1. Da vértigo pensar el pensamiento de José Vasconcelos.

A ver. En principio está el mundo y el mundo está dividido en cuatro pueblos: el blanco, el negro, el indígena y el mongol. A veces domina uno y a veces –durante un parpadeo que puede durar siglos o milenios– rige otro.
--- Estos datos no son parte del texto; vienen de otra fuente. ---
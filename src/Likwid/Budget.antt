-- ===== src/Likwid/Budget.antt =====
-- The time that one call of measureSets takes, and the overhead that it predicts for the next.
use xbat_ginkgo.Base.{ℕ, ◌+◌, ◌*◌, ◌/◌, ◌^◌, ◌≤◌, ◌<◌, ◌≡◌, not, List, [], ◌∷◌, arith, length}
use native.Mathlib.Nat.{mul-div-le}
use xbat_ginkgo.Base.Outcome.{done, Ensures, Ensures-done, Ensures-if, done_inj}
use xbat_ginkgo.Collector.Sleep.{sleep_milliseconds_and_check_lem}
use xbat_ginkgo.Likwid.Sets.{
  SetRun, Counted, stopped, counted, count_sets, set_time_of, next_overhead,
}

-- If the overhead predicted before, in milliseconds, and the overhead measured, in microseconds,
-- are less than 2^61, then the new prediction lies between the former and the latter in
-- milliseconds.
pub next_overhead_lem :
    (cycle_overhead overhead : ℕ)
    → cycle_overhead < 2 ^ 61
    → overhead < 2 ^ 61
    → (cycle_overhead ≤ overhead / 1000
        → (cycle_overhead ≤ next_overhead cycle_overhead overhead)
          × (next_overhead cycle_overhead overhead ≤ overhead / 1000))
      × (overhead / 1000 ≤ cycle_overhead
          → (overhead / 1000 ≤ next_overhead cycle_overhead overhead)
            × (next_overhead cycle_overhead overhead ≤ cycle_overhead))
unfolding next_overhead
next_overhead_lem cycle_overhead overhead small small' = (
  (λ h. (omega (arith, small, small', h), omega (arith, small, small', h))),
  (λ h. (omega (arith, small, small', h), omega (arith, small, small', h))),
)

-- At most `limit` milliseconds slept.
abbrev IsWithin : ℕ → Counted → Type 0
IsWithin limit stopped = Unit
IsWithin limit (counted overheads slept) = slept ≤ limit

count_sets-IsWithin :
    (set_time : ℕ) (run_of : ℕ → SetRun) (gids : List ℕ) (overheads slept limit : ℕ)
    → slept + length gids * set_time ≤ limit
    → Ensures (IsWithin limit) (count_sets set_time run_of gids overheads slept)
unfolding count_sets
count_sets-IsWithin set_time run_of [] overheads slept limit h = omega (arith, h)
count_sets-IsWithin set_time run_of (gid ∷ gids) overheads slept limit h =
    let r = run_of gid in
    let (t, e, s) = sleep_milliseconds_and_check_lem r.sleep_flag set_time in
    Ensures-if (IsWithin limit) r.terminate _ _ (λ _. tt)
      (λ _.
        Ensures-if (IsWithin limit) (not r.setup_ok) _ _ (λ _. tt)
          (λ _.
            Ensures-if (IsWithin limit) (not r.start_ok) _ _ (λ _. tt)
              (λ _. rw e (
                Ensures-if (IsWithin limit) (not r.stop_ok) _ _ (λ _. tt)
                  (λ _.
                    count_sets-IsWithin set_time run_of gids _ (slept + t) limit
                      (grind (arith, s.within, h)))))))

-- If `measureSets` gets a time for each set and its loop runs all sets, then the sleeps of the
-- call last together at most as long as the time that is available to it beyond the predicted
-- overhead, and there is at least one set.
pub count_sets_lem :
    (available set_time overheads slept : ℕ) (run_of : ℕ → SetRun) (gids : List ℕ)
    → set_time_of available (length gids) ≡ done set_time
    → count_sets set_time run_of gids 0 0 ≡ done (counted overheads slept)
    → (slept ≤ available) × (0 < length gids)
unfolding set_time_of
count_sets_lem available set_time overheads slept run_of [] h h' = cc
count_sets_lem available set_time overheads slept run_of (gid ∷ gids) h h' =
    let product : length (gid ∷ gids) * set_time ≤ available =
      rw (← done_inj h) (mul-div-le available (length (gid ∷ gids))) in
    (
      Ensures-done (IsWithin available) _
          (count_sets-IsWithin set_time run_of (gid ∷ gids) 0 0 available (grind (arith, product)))
          h',
      omega arith,
    )
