-- ===== src/Likwid/Loop.antt =====
-- CLikwidPerfctr::measure.
use xbat_ginkgo.Base.{ℕ, List, [], ◌∷◌, Option, some, Bytes, if◌then◌else◌, ◌>>=◌, true}
use xbat_ginkgo.Base.Float.{Double}
use xbat_ginkgo.Base.Int.{pos}
use xbat_ginkgo.Base.Outcome.{Outcome, done, fails, faults}
use xbat_ginkgo.Collector.{Collector, synchronize_measurement, interval_cleanup}
use xbat_ginkgo.Likwid.{
  Metrics, Prepared, MetricDetails, Answers, parse_metrics, prepare_measurements,
}
use xbat_ginkgo.Likwid.Sets.{Cycle, Measured, measure_sets}
use xbat_ginkgo.Measure.{Round, Ending, running, returned, threw, follow, again}
use xbat_ginkgo.Queue.{Entry}
use xbat_ginkgo.Topology.{CpuTopology}

module _ {ℓ} {W : Type ℓ} ⦃d : Double W⦄ where
  -- What the loop does with the result of `measureSets`, and the rounds behind it.
  unfoldable pub after_sets :
      (ℕ → Collector → Option (List (Entry W) × Ending))
      → Collector
      → ℕ
      → Outcome (Measured W)
      → Option (List (Entry W) × Ending)
  after_sets rest c heartbeat (done (es, overhead)) =
      follow (rest overhead) (es, again (interval_cleanup c true heartbeat))
  after_sets rest c heartbeat fails = some ([], returned (pos 1))
  after_sets rest c heartbeat faults = some ([], threw)

  unfoldable pub likwid_loop :
      Prepared
      → CpuTopology
      → Metrics
      → ℕ
      → Collector
      → List (Round (Cycle W))
      → Option (List (Entry W) × Ending)
  unfolding after_sets measure_sets
  likwid_loop p topology metrics overhead c [] = some ([], running)
  likwid_loop p topology metrics overhead c (r ∷ rs) =
      if r.stop_head then some ([], returned (pos 0)) else (do
        (c', _) ← synchronize_measurement c r.flag r.now
        if r.stop_first
            then some ([], returned (pos 0))
            else after_sets (λ overhead' c''. likwid_loop p topology metrics overhead' c'' rs) c'
                r.heartbeat
                (measure_sets p topology metrics c'.interval_end c'.time_left overhead r.first))

  -- `cycleOverhead` is 1000 at first.
  unfoldable pub with_prepared :
      Outcome Metrics
      → Outcome Prepared
      → CpuTopology
      → Collector
      → List (Round (Cycle W))
      → Option (List (Entry W) × Ending)
  unfolding likwid_loop
  with_prepared (done metrics) (done p) topology c rs = likwid_loop p topology metrics 1000 c rs
  with_prepared (done metrics) fails topology c rs = some ([], returned (pos 1))
  with_prepared (done metrics) faults topology c rs = some ([], threw)
  with_prepared fails p topology c rs = some ([], threw)
  with_prepared faults p topology c rs = some ([], threw)

  unfoldable pub measure_likwid :
      Option (List (Bytes × List (Bytes × MetricDetails)))
      → Answers
      → CpuTopology
      → Collector
      → List (Round (Cycle W))
      → Option (List (Entry W) × Ending)
  unfolding parse_metrics prepare_measurements with_prepared
  measure_likwid file likwid topology c rs =
      with_prepared (parse_metrics file) (prepare_measurements likwid) topology c rs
Ahora reina el blanco. O para ser precisos: el anglosajón. No hay de qué preocuparse: ya será desplazado. Esta vez –la última de las veces– no por otro de los cuatro pueblos elementales sino por una nueva cultura, una quinta raza –“una raza universal, fruto de las anteriores y superación de todo lo pasado”. La raza cósmica.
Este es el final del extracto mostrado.